SFAS 154.  In May 2005, the FASB issued Statement of Financial Accounting Standards No. 154, “Accounting Changes and Error Corrections—A Replacement of APB Opinion No. 20 and SFAS No. 3,” (“SFAS 154”). SFAS 154 changed the requirements for the accounting for and reporting of a change in accounting principle and applies to all voluntary changes in accounting principle. It also applies to changes required by an accounting pronouncement in the unusual instance that the pronouncement does not include specific transition provisions. SFAS 154 requires retrospective application to prior periods’ financial statements of changes in accounting principle, unless it is impracticable to determine either the period-specific effects or the cumulative effect of the change. The provisions of SFAS 154 are effective for accounting changes and correction of errors made in fiscal years beginning after December 15, 2005. The adoption of this standard did not materially affect our financial statements.

FSP FIN No. 45-3.  In November 2005, the FASB issued FASB Staff Position No. 45-3, “Application of FASB Interpretation No. 45 to Minimum Revenue Guarantees Granted to a Business or Its Owners” (“FSP FIN 45-3”). FSP Fin 45-3 served as an amendment to FIN 45 by adding minimum revenue guarantees to the list of examples of contracts to which FIN 45 applies. Under FSP FIN 45-3, a guarantor is required to recognize, at the inception of a guarantee, a liability for the fair value of the obligation undertaken in issuing the guarantee. FSP FIN 45-3 is effective for new minimum revenue guarantees issued or modified on or after January 1, 2006. The adoption of this interpretation did not materially impact our financial statements.

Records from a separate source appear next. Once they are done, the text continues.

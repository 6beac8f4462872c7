-- ===== src/Upstream/Members.antt =====
-- upstream.go, the messages that change who is on a channel: JOIN, PART, KICK, QUIT and NICK.
pub mod Roster
use soju_bouncer.Prelude.{
  Bool, true, false, Option, none, some, List, [], ◌∷◌, ◌++◌, if◌then◌else◌, ◌==◌, nat_Eq, Str,
  str_Eq, codes, is_some, lookup, map, ltb, length, get_or, ℕ,
}
use soju_bouncer.Prelude.Text.{split}
use soju_bouncer.Irc.{Message, Prefix, message}
use soju_bouncer.Xirc.Caps
use soju_bouncer.Xirc.CaseMapping.{CaseMapping}
use soju_bouncer.Xirc.CaseMappingMap
use soju_bouncer.Xirc.CaseMappingMap.{CaseMappingMap}
use soju_bouncer.Xirc.Membership.{MembershipSet}
use soju_bouncer.Upstream.State.{
  UpstreamConn, UpstreamChannel, UpstreamUser, Network, Handled, done, failed, emit, to_server,
  need_more_params, unknown_channel, panicked, is_our_nick, equal_casemap, get_channel, set_channel,
  with_members, change_each, updated, nick_changed, Client, Output,
}
use soju_bouncer.Upstream.Users.{no_user, cache_user_info, forget_user, forget_members}
use soju_bouncer.Upstream.Monitor.{update_monitor}
use soju_bouncer.Upstream.Produce.{
  produce, append_log, forward_message, update_channel_auto_detach, stop_timer,
}

abbrev pub bot_flag : Option (Option Str) → Str
bot_flag (some (some flag)) = flag
bot_flag _ = []

-- The flags that a user who joins has: "H" for here, and the flag of bots.
abbrev pub join_flags : UpstreamConn → Message → Str
join_flags uc msg =
    if Caps.is_enabled uc.caps (codes "away-notify")
    then codes "H"
      ++ (if is_some (lookup (codes "bot") msg.tags)
          then bot_flag (lookup (codes "BOT") uc.isupport)
          else [])
    else []

-- The account and the real name stand in a JOIN with three parameters.
unfoldable pub joined_user : UpstreamConn → Prefix → Message → UpstreamUser
unfolding Caps.is_enabled lookup
joined_user uc from msg =
    let extended = ltb 2 (length msg.params) in
    record no_user {
      username = from.user;
      hostname = from.host;
      flags = join_flags uc msg;
      account = if extended then get_or msg.params 1 [] else [];
      realname = if extended then get_or msg.params 2 [] else [];
    }

abbrev pub new_channel : CaseMapping → Str → UpstreamChannel
new_channel cm name = record {
  name = name;
  topic = [];
  topic_who = none;
  topic_time = none;
  status = none;
  state = record { modes = none; members = CaseMappingMap.new cm };
  creation_time = [];
  complete = false;
  detach_timer = false;
}

-- `chMsg`: the message with one of its channels.
abbrev pub with_channel : Message → Str → List Str → Message
with_channel msg ch rest = record msg { params = ch ∷ rest }

unfoldable pub join_ours : UpstreamConn → Str → UpstreamConn
unfolding update_channel_auto_detach CaseMappingMap.new
join_ours uc ch =
    emit (update_channel_auto_detach (set_channel uc ch (new_channel uc.casemap ch)) ch)
      (to_server (message (codes "MODE") (ch ∷ [])) ∷ [])

unfoldable pub add_member :
    UpstreamConn → Str → Str → MembershipSet → Option UpstreamChannel → Option UpstreamConn
add_member uc ch nick ms none = none
add_member uc ch nick ms (some uch) =
    some
      (set_channel uc ch (with_members uch (CaseMappingMap.set uch.state.members nick (some ms))))

unfoldable pub join_one : UpstreamConn → Prefix → Str → Option UpstreamConn
unfolding join_ours add_member is_our_nick get_channel
join_one uc from ch =
    if is_our_nick uc from.name
    then some (join_ours uc ch)
    else add_member uc ch from.name [] (get_channel uc ch)

-- A loop over the channels of a message: each is changed, and the message is produced for it.
unfoldable pub each_channel :
    (UpstreamConn → Str → Option UpstreamConn)
    → Network
    → Prefix
    → Message
    → List Str
    → UpstreamConn
    → List Str
    → Handled
each_channel f net from msg rest uc [] = done uc
each_channel f net from msg rest uc (ch ∷ l) = elim (f uc ch) [
  | none ↦ failed uc unknown_channel
  | some uc' ↦
      each_channel f net from msg rest (produce net false uc' ch from (with_channel msg ch rest) 0)
        l
]

abbrev join_cached :
    Network → Prefix → Message → Str → List Str → UpstreamConn → Option UpstreamConn → Handled
join_cached net from msg channels rest uc none = failed uc panicked
join_cached net from msg channels rest uc (some uc') =
    each_channel (λ c. join_one c from) net from msg rest uc' (split b',' channels)

abbrev join_params : Network → UpstreamConn → Prefix → Message → List Str → Handled
join_params net uc from msg [] = failed uc need_more_params
join_params net uc from msg (channels ∷ rest) =
    join_cached net from msg channels rest uc
      (cache_user_info uc from.name (joined_user uc from msg))

unfoldable pub handle_join : Network → UpstreamConn → Prefix → Message → Handled
unfolding joined_user join_one each_channel
handle_join net uc from msg = join_params net uc from msg msg.params

abbrev pub member_names : UpstreamChannel → List Str
member_names uch =
    map (λ (e : Str × Option MembershipSet). e.0) (CaseMappingMap.entries uch.state.members.m)

-- We have left a channel: it is dropped, and so are the users that we know of by it alone.
abbrev pub leave : Bool → UpstreamConn → Str → Option UpstreamChannel → UpstreamConn
leave stops_timer uc ch none = uc
leave stops_timer uc ch (some uch) =
    let uc' = record uc { channels = CaseMappingMap.del uc.channels ch } in
    forget_members (if stops_timer then stop_timer uc' uch else uc') (member_names uch)

abbrev pub remove_member : UpstreamConn → Str → Str → Option UpstreamChannel → Option UpstreamConn
remove_member uc ch nick none = none
remove_member uc ch nick (some uch) = some (
    forget_user (set_channel uc ch (with_members uch (CaseMappingMap.del uch.state.members nick)))
      nick)

-- Of PART and KICK. Only PART stops the timer of the channel.
unfoldable pub part_one : Bool → UpstreamConn → Str → Str → Option UpstreamConn
unfolding is_our_nick get_channel forget_members
part_one stops_timer uc nick ch =
    if is_our_nick uc nick
    then some (leave stops_timer uc ch (get_channel uc ch))
    else remove_member uc ch nick (get_channel uc ch)

abbrev part_params : Network → UpstreamConn → Prefix → Message → List Str → Handled
part_params net uc from msg [] = failed uc need_more_params
part_params net uc from msg (channels ∷ rest) =
    each_channel (λ c. part_one true c from.name) net from msg rest uc (split b',' channels)

unfoldable pub handle_part : Network → UpstreamConn → Prefix → Message → Handled
unfolding part_one each_channel
handle_part net uc from msg = part_params net uc from msg msg.params

abbrev kicked : Network → Prefix → Message → Str → UpstreamConn → Option UpstreamConn → Handled
kicked net from msg channel uc none = failed uc unknown_channel
kicked net from msg channel uc (some uc') = done (produce net false uc' channel from msg 0)

abbrev kick_params : Network → UpstreamConn → Prefix → Message → List Str → Handled
kick_params net uc from msg (channel ∷ user ∷ rest) =
    kicked net from msg channel uc (part_one false uc user channel)
kick_params net uc from msg _ = failed uc need_more_params

unfoldable pub handle_kick : Network → UpstreamConn → Prefix → Message → Handled
unfolding part_one
handle_kick net uc from msg = kick_params net uc from msg msg.params

-- What is logged does not depend on the members, so that the log stands after the changes of all
-- channels: these are the
-- names of the channels on which a nickname is, in the order of the map.
unfoldable pub channels_with : UpstreamConn → Str → List (Str × Option UpstreamChannel) → List Str
channels_with uc nick [] = []
channels_with uc nick ((_, none) ∷ l) = channels_with uc nick l
channels_with uc nick ((_, some ch) ∷ l) =
    (if CaseMappingMap.has ch.state.members nick then ch.name ∷ [] else [])
    ++ channels_with uc nick l

unfoldable pub log_each : Network → Prefix → Message → UpstreamConn → List Str → UpstreamConn
log_each net from msg uc [] = uc
log_each net from msg uc (name ∷ names) =
    log_each net from msg (append_log net uc name from msg) names

unfoldable pub quit_channel : Str → UpstreamChannel → UpstreamChannel
quit_channel nick ch = with_members ch (CaseMappingMap.del ch.state.members nick)

unfoldable pub handle_quit : Network → UpstreamConn → Prefix → Message → Handled
unfolding quit_channel change_each log_each channels_with
handle_quit net uc from msg =
    let names = channels_with uc from.name (CaseMappingMap.entries uc.channels.m) in
    let uc' =
      log_each net from msg
        (record uc { channels = change_each (quit_channel from.name) uc.channels }) names in
    let uc'' = record uc' { users = CaseMappingMap.del uc'.users from.name } in
    done (if from.name == uc.nick then uc'' else forward_message net uc'' from msg)

abbrev renamed_member : Str → Str → UpstreamChannel → Option MembershipSet → UpstreamChannel
renamed_member nick new_nick ch none = ch
renamed_member nick new_nick ch (some ms) =
    with_members ch
      (CaseMappingMap.set (CaseMappingMap.del ch.state.members nick) new_nick (some ms))

unfoldable pub rename_in_channel : Str → Str → UpstreamChannel → UpstreamChannel
rename_in_channel nick new_nick ch =
    renamed_member nick new_nick ch (CaseMappingMap.get none ch.state.members nick)

abbrev pub update_each : List Client → (ℕ → Output) → List Output
update_each [] f = []
update_each (dc ∷ l) f = f dc.id ∷ update_each l f

-- What our own new nickname changes: an attempt to get a nickname back is over when it succeeds.
unfoldable pub take_nick : Network → UpstreamConn → Str → UpstreamConn
unfolding equal_casemap
take_nick net uc new_nick =
    let regained = equal_casemap uc uc.pending_regain_nick new_nick in
    record uc {
      nick = new_nick;
      pending_regain_nick = if regained then [] else uc.pending_regain_nick;
      regain_timer = if regained then false else uc.regain_timer;
      has_desired_nick =
          if equal_casemap uc net.want_nick new_nick then true else uc.has_desired_nick;
    }

abbrev renamed : Network → Prefix → Message → Bool → UpstreamConn → Option UpstreamConn → Handled
renamed net from msg me uc none = failed uc panicked
renamed net from msg me uc (some uc') =
    if me
    then done
        (update_monitor net (emit uc' (update_each net.clients (λ id. updated id nick_changed))))
    else done (forward_message net uc' from msg)

abbrev nick_params : Network → UpstreamConn → Prefix → Message → List Str → Handled
nick_params net uc from msg [] = failed uc need_more_params
nick_params net uc from msg (new_nick ∷ rest) =
    let me = is_our_nick uc from.name in
    let uc1 = if me then take_nick net uc new_nick else uc in
    let names = channels_with uc1 from.name (CaseMappingMap.entries uc1.channels.m) in
    let uc2 =
      log_each net from msg
        (record uc1 { channels = change_each (rename_in_channel from.name new_nick) uc1.channels })
        names in
    renamed net from msg me uc2
      (cache_user_info uc2 from.name (record no_user { nickname = new_nick }))

unfoldable pub handle_nick : Network → UpstreamConn → Prefix → Message → Handled
unfolding rename_in_channel take_nick
handle_nick net uc from msg = nick_params net uc from msg msg.params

EITF 04-10.  In June 2005, the FASB issued EITF Issue 04-10, “Determining Whether to Aggregate Operating Segments That Do Not Meet the Quantitative Thresholds.” This standard considers how a company should evaluate the aggregation criteria in FAS 131 to operating segments that do not meet the quantitative thresholds. Several of our operating segments do not meet the quantitative thresholds as described in SFAS 131. Under this standard, we are permitted to combine information about certain operating segments with other similar segments that individually do not meet the quantitative thresholds to produce a reportable segment. It was effective for fiscal years ending after September 15, 2005.

FIN 48 and FSP FIN 48-1.  On July 12, 2006, the FASB issued Interpretation No. 48, “Accounting for Uncertainty in Income Taxes-an Interpretation of FASB Statement No. 109” (“FIN 48”), which provides clarification of SFAS 109, “Accounting for Income Taxes” with respect to the recognition of income tax benefits of uncertain tax positions in the financial statements. FIN 48 requires that uncertain tax positions be reviewed and assessed, with recognition and measurement of the tax benefit based on a “more-likely-than-not” standard.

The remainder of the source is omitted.